▶ **AIM OF THE TASK**
All entries that follow are to be written out verbatim.

[[ INFORMATION GIVEN open ]]

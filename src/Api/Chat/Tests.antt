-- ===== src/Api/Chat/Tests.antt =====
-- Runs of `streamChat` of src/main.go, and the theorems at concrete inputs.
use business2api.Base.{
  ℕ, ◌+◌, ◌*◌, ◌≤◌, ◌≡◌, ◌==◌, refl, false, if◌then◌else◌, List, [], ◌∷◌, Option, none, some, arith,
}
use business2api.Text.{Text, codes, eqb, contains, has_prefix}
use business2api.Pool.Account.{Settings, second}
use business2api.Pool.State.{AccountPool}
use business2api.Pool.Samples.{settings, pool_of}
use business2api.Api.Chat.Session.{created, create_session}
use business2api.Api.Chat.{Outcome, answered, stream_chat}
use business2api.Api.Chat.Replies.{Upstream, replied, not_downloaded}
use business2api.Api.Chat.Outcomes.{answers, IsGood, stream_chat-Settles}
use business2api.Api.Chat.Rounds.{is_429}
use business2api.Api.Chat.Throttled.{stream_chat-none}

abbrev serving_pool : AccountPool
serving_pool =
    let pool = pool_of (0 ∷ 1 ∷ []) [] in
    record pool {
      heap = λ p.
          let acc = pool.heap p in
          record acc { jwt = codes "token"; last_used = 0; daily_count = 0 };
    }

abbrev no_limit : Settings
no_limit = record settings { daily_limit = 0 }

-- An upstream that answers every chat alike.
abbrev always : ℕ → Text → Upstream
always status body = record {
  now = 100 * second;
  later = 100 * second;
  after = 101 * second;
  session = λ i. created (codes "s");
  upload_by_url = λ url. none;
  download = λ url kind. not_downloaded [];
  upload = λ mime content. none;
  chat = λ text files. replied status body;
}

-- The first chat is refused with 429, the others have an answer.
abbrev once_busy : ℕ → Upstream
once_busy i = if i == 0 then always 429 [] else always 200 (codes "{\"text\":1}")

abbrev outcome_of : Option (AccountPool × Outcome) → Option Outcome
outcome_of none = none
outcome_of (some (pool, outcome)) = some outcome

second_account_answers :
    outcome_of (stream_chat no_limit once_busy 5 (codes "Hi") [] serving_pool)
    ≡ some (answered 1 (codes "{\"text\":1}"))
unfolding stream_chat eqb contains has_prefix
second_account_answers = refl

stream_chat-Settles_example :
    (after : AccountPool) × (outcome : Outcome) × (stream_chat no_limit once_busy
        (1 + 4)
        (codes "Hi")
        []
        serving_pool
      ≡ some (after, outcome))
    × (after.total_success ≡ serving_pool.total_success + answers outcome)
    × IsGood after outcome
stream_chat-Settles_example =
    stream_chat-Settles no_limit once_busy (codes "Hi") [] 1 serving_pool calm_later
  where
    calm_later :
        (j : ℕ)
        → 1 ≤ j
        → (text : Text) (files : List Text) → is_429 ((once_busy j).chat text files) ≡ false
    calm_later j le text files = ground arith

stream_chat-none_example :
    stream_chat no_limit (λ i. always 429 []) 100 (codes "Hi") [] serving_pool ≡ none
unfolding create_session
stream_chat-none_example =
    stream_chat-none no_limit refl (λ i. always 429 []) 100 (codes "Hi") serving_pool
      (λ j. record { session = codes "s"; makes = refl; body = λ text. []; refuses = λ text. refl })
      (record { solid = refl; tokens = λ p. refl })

[[ INFORMATION GIVEN closed ]]

▶ **SOLUTION**
filename src/Api/Chat/Tests.antt
-- ===== src/Api/Chat/Tests.antt =====
-- Runs of `streamChat` of src/main.go, and the theorems at concrete inputs.
use business2api.Base.{
  ℕ, ◌+◌, ◌*◌, ◌≤◌, ◌≡◌, ◌==◌, refl, false, if◌then◌else◌, List, [], ◌∷◌, Option, none, some, arith,
}
use business2api.Text.{Text, codes, eqb, contains, has_prefix}
use business2api.Pool.Account.{Settings, second}
use business2api.Pool.State.{AccountPool}
use business2api.Pool.Samples.{settings, pool_of}
use business2api.Api.Chat.Session.{created, create_session}
use business2api.Api.Chat.{Outcome, answered, stream_chat}
use business2api.Api.Chat.Replies.{Upstream, replied, not_downloaded}
use business2api.Api.Chat.Outcomes.{answers, IsGood, stream_chat-Settles}
use business2api.Api.Chat.Rounds.{is_429}
use business2api.Api.Chat.Throttled.{stream_chat-none}

abbrev serving_pool : AccountPool
serving_pool =
    let pool = pool_of (0 ∷ 1 ∷ []) [] in
    record pool {
      heap = λ p.
          let acc = pool.heap p in
          record acc { jwt = codes "token"; last_used = 0; daily_count = 0 };
    }

abbrev no_limit : Settings
no_limit = record settings { daily_limit = 0 }

-- An upstream that answers every chat alike.
abbrev always : ℕ → Text → Upstream
always status body = record {
  now = 100 * second;
  later = 100 * second;
  after = 101 * second;
  session = λ i. created (codes "s");
  upload_by_url = λ url. none;
  download = λ url kind. not_downloaded [];
  upload = λ mime content. none;
  chat = λ text files. replied status body;
}

-- The first chat is refused with 429, the others have an answer.
abbrev once_busy : ℕ → Upstream
once_busy i = if i == 0 then always 429 [] else always 200 (codes "{\"text\":1}")

abbrev outcome_of : Option (AccountPool × Outcome) → Option Outcome
outcome_of none = none
outcome_of (some (pool, outcome)) = some outcome

second_account_answers :
    outcome_of (stream_chat no_limit once_busy 5 (codes "Hi") [] serving_pool)
    ≡ some (answered 1 (codes "{\"text\":1}"))
unfolding stream_chat eqb contains has_prefix
second_account_answers = refl

stream_chat-Settles_example :
    (after : AccountPool) × (outcome : Outcome) × (stream_chat no_limit once_busy
        (1 + 4)
        (codes "Hi")
        []
        serving_pool
      ≡ some (after, outcome))
    × (after.total_success ≡ serving_pool.total_success + answers outcome)
    × IsGood after outcome
stream_chat-Settles_example =
    stream_chat-Settles no_limit once_busy (codes "Hi") [] 1 serving_pool calm_later
  where
    calm_later :
        (j : ℕ)
        → 1 ≤ j
        → (text : Text) (files : List Text) → is_429 ((once_busy j).chat text files) ≡ false
    calm_later j le text files = ground arith

stream_chat-none_example :
    stream_chat no_limit (λ i. always 429 []) 100 (codes "Hi") [] serving_pool ≡ none
unfolding create_session
stream_chat-none_example =
    stream_chat-none no_limit refl (λ i. always 429 []) 100 (codes "Hi") serving_pool
      (λ j. record { session = codes "s"; makes = refl; body = λ text. []; refuses = λ text. refl })
      (record { solid = refl; tokens = λ p. refl })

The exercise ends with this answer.